There has been quite a bit of chatter on the Food Blogger Pro Forum lately regarding Google Analytics and traffic spam. In fact, if I search “spam” in FBP I see 9 posts just in the month of May regarding spam referrals in Google Analytics. That’s a ton!
Because of the general concern regarding spam traffic in Google Analytics, I thought it would be helpful to do some digging and find out more about this spam traffic, what it means for your blog, and what you can do about it.
What is spam in Google Analytics?
Referrer spam, or just spam, in Google Analytics shows up in your “Referrals” and “Pageviews,” depending on the type of spam. These aren’t actually visitors to your site and can be spotted by their suspicious URLs. You’ll probably recognize some of the names below:
buttons-for-your-website.com, непереводимая.рф, sanjosestartups.com, savetubevideo.com, websites-reviews.com, darodar.com, buy-cheap-online.info, pornhub-forum.ga
Analytics spam can rear its ugly head in two different ways: Ghost Referrals or Crawler Referrals. Let’s get to know these guys.
Ghost Referral Spam
Ghost Referral Spam is the product of a loophole in the way Google Analytics functions. This loophole allows web developers to send data to your Google Analytics data without ever coming into contact with your site. While this may seem like something Google would patch up, it’s actually there for a reason.
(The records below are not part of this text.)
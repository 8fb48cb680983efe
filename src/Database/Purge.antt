-- ===== src/Database/Purge.antt =====
-- src/server/database.rs: `purge` against the list of current bans.
use rail2ban.Prelude.{
  ◌≡◌, refl, sym, ap, ◌∙◌, Bool, true, false, not, ◌&&◌, List, [], ◌∷◌, arith, retain, any,
  retain-retain, Str, str_eq_iff, str_eq_refl, All,
}
use rail2ban.Prelude.Int.{ℤ}
use rail2ban.Database.{
  DbBan, Bip, Database, ban_at, purge, list_bans, in_bips, expired_bip, ran_out,
}
use rail2ban.Database.Rows.{eq_ℤ_refl, eq_ℤ_iff}
use rail2ban.Database.Current.{any-sort_desc}

-- The test for the primary key of a row of `bans`.
abbrev keyed : DbBan → DbBan → Bool
keyed r = ban_at r.jail r.ip r.time_of_ban

-- The primary key of `bans`.
abbrev pub UniqueRows : List DbBan → Type 0
UniqueRows [] = Unit
UniqueRows (r ∷ rs) = (any (keyed r) rs ≡ false) × UniqueRows rs

keyed_symm : (r s : DbBan) → keyed r s ≡ keyed s r
keyed_symm r s = ground (
  arith,
  str_eq_iff r.jail s.jail,
  str_eq_iff s.jail r.jail,
  str_eq_iff r.ip s.ip,
  str_eq_iff s.ip r.ip,
)

module _ {ℓ} {A : Type ℓ} where
  All-of_not_any : (p : A → Bool) (xs : List A) → any p xs ≡ false → All (λ x. p x ≡ false) xs
  unfolding any
  All-of_not_any p [] h = tt
  All-of_not_any p (x ∷ xs) h = (ground arith, All-of_not_any p xs (ground arith))

  any-congr : (p q : A → Bool) (xs : List A) → All (λ x. p x ≡ q x) xs → any p xs ≡ any q xs
  unfolding any
  any-congr p q [] h = refl
  any-congr p q (x ∷ xs) h = rw (h.0, any-congr p q xs h.1)

  pub any-retain : (p q : A → Bool) (xs : List A) → any p (retain q xs) ≡ any (λ x. q x && p x) xs
  unfolding any retain
  any-retain p q [] = refl
  any-retain p q (x ∷ xs) = ground (arith, any-retain p q xs)

any-keyed_apart :
    (q : DbBan → Bool) (r : DbBan) (rs : List DbBan)
    → any (keyed r) rs ≡ false
    → any (λ s. keyed r s && q s) rs ≡ false
unfolding any
any-keyed_apart q r [] h = refl
any-keyed_apart q r (s ∷ rs) h = ground (arith, any-keyed_apart q r rs)

-- Of the rows with the key of a given one, that row itself is the only one.
any-keyed :
    (q : DbBan → Bool) (rs : List DbBan)
    → UniqueRows rs
    → All (λ r. any (λ s. keyed r s && q s) rs ≡ q r) rs
unfolding any
any-keyed q [] u = tt
any-keyed q (r ∷ rs) u = (
  rw (any-keyed_apart q r rs u.0)
      (ground (arith, str_eq_refl r.jail, str_eq_refl r.ip, eq_ℤ_refl r.time_of_ban)),
  skip rs (All-of_not_any (keyed r) rs u.0) (any-keyed q rs u.1),
)
  where
    skip :
        (xs : List DbBan)
        → All (λ x. keyed r x ≡ false) xs
        → All (λ x. any (λ s. keyed x s && q s) rs ≡ q x) xs
        → All (λ x. any (λ s. keyed x s && q s) (r ∷ rs) ≡ q x) xs
    skip [] a h = tt
    skip (x ∷ xs) a h = (rw (keyed_symm x r, a.0) h.0, skip xs a.1 h.1)

abbrev over : ℤ → DbBan → Bool
over now r = ran_out now r r.bantime

-- A row of `bips` that has the key of a row of `bans` runs out with it.
expired_bip-keyed :
    (now : ℤ) (bans : List DbBan) (b : Bip) (r : DbBan)
    → any (λ s. keyed r s && over now s) bans ≡ over now r
    → ban_at b.jail b.ip b.time_of_ban r ≡ true
    → expired_bip now bans b ≡ over now r
unfolding expired_bip
expired_bip-keyed now bans b r own h =
    let j : r.jail ≡ b.jail = (str_eq_iff r.jail b.jail).0 (ground arith) in
    let i : r.ip ≡ b.ip = (str_eq_iff r.ip b.ip).0 (ground arith) in
    let t : r.time_of_ban ≡ b.time_of_ban =
      (eq_ℤ_iff r.time_of_ban b.time_of_ban).0 (ground arith) in
    ap (λ (k : Str × Str × ℤ). any (λ s. ban_at k.0 k.1 k.2 s && over now s) bans)
      (sym (Triple j i t))
    ∙ own
  where
    Triple :
        {a a' : Str} {c c' : Str} {e e' : ℤ}
        → a ≡ a'
        → c ≡ c'
        → e ≡ e'
        → ◌≡◌ {A = Str × Str × ℤ} (a, c, e) (a', c', e')
    Triple p q r i = (p i, q i, r i)

in_bips-retain :
    (now : ℤ) (bans : List DbBan) (bips : List Bip) (r : DbBan)
    → any (λ s. keyed r s && over now s) bans ≡ over now r
    → in_bips (retain (λ b. not (expired_bip now bans b)) bips) r
      ≡ (in_bips bips r && not (over now r))
unfolding in_bips any retain
in_bips-retain now bans [] r own = refl
in_bips-retain now bans (b ∷ bips) r own =
    ground (arith, expired_bip-keyed now bans b r own, in_bips-retain now bans bips r own)

listed_rows :
    (now : ℤ) (bans rs : List DbBan) (bips : List Bip) (p : DbBan → Bool)
    → All (λ r. any (λ s. keyed r s && over now s) bans ≡ over now r) rs
    → All
        (λ r.
          (in_bips (retain (λ b. not (expired_bip now bans b)) bips) r && p r)
          ≡ (in_bips bips r && (p r && not (over now r))))
        rs
listed_rows now bans [] bips p h = tt
listed_rows now bans (r ∷ rs) bips p h =
    (ground (arith, in_bips-retain now bans bips r h.0), listed_rows now bans rs bips p h.1)

-- A purge takes from the current bans exactly those that have run out, however old the others are: a
-- test holds of some ban listed after it exactly if it holds of one listed before that has not run
-- out. (The rows of `bans` have different keys.)
pub any-list_bans-purge :
    (db : Database) (max_age_secs now : ℤ) (p : DbBan → Bool)
    → UniqueRows db.bans
    → any p (list_bans (purge db max_age_secs now))
      ≡ any (λ r. p r && not (ran_out now r r.bantime)) (list_bans db)
unfolding list_bans purge
any-list_bans-purge db max_age_secs now p u =
    let bips = retain (λ b. not (expired_bip now db.bans b)) db.bips in
    any-sort_desc p _
    ∙ ap (any p) (retain-retain _ (in_bips bips) db.bans (λ r h. ground arith))
    ∙ any-retain p (in_bips bips) db.bans
    ∙ any-congr _ _ db.bans
        (listed_rows now db.bans db.bans db.bips p (any-keyed (over now) db.bans u))
    ∙ sym (any-retain _ (in_bips db.bips) db.bans)
    ∙ sym (any-sort_desc _ _)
This Measurement Protocol, as it is called, is there to allow developers to capture data about user activity in new web environments and when they are offline. These things aren’t too important for most food blogs, but they are important for other large online businesses.
Below are some examples of Ghost Referral Spam that you might find in your Analytics:
непереводимая.рф, sanjosestartups.com, websites-reviews.com, darodar.com, buy-cheap-online.info, pornhub-forum.ga
Because these ghost referrers do not physically access your site they cannot be blocked using the .htaccess file on your website, which physically bans specific domains from sending traffic to your site. Instead, these must be removed from your Analytics by filtering to allow only referrals from valid hostnames. I know – this sounds confusing. Don’t worry, I’ll explain in a minute.
Crawler Referral Spam
Crawler referral spam, on the other hand, does physically visit your site and pings your Analytics just like any other visitor would. Unfortunately, these bots, as they are called, ignore any rules you lay down in the robots.txt file, which is supposed to stop any unwanted bot activity.
Sometimes these bots can visit your website time after time after time for a short while, which can give you unrealistic peaks and valleys in your traffic.
Below are some examples of Crawler Referral Spam that you might find in your Analytics:
semalt.com, best-seo-solution.com, maridan.com.ua, blog.ranksonic.com
Because these crawlers do physically contact your site, you can eliminate them by blocking them in your .htaccess file. This file can block traffic from specific domains before they ever reach your site. Alternatively, you can filter them out of your Google Analytics by excluding specific referral sources. This is the approach we are going to take today.
Why are they doing this? What’s the point?
Stellar question! We know that most of them aren’t ever actually visiting your site, so they’re not gathering data or anything. And what does a bot have to gain by going to your site repeatedly, over and over again, just to find the same information that was there the first time they visited?
The answer is pretty simple – they just want to show up in your Analytics. That’s it. They just want you to see their name. Handy Dandy Google makes referrals in your Analytics clickable links, so when they show up in your stats you can click right on over to see what all this nonsense is about. And the minute you click over, you’re recorded as a visitor on their site. We all like visitors. We love them! So do spammers, but instead of working hard to find visitors, they go through the back door.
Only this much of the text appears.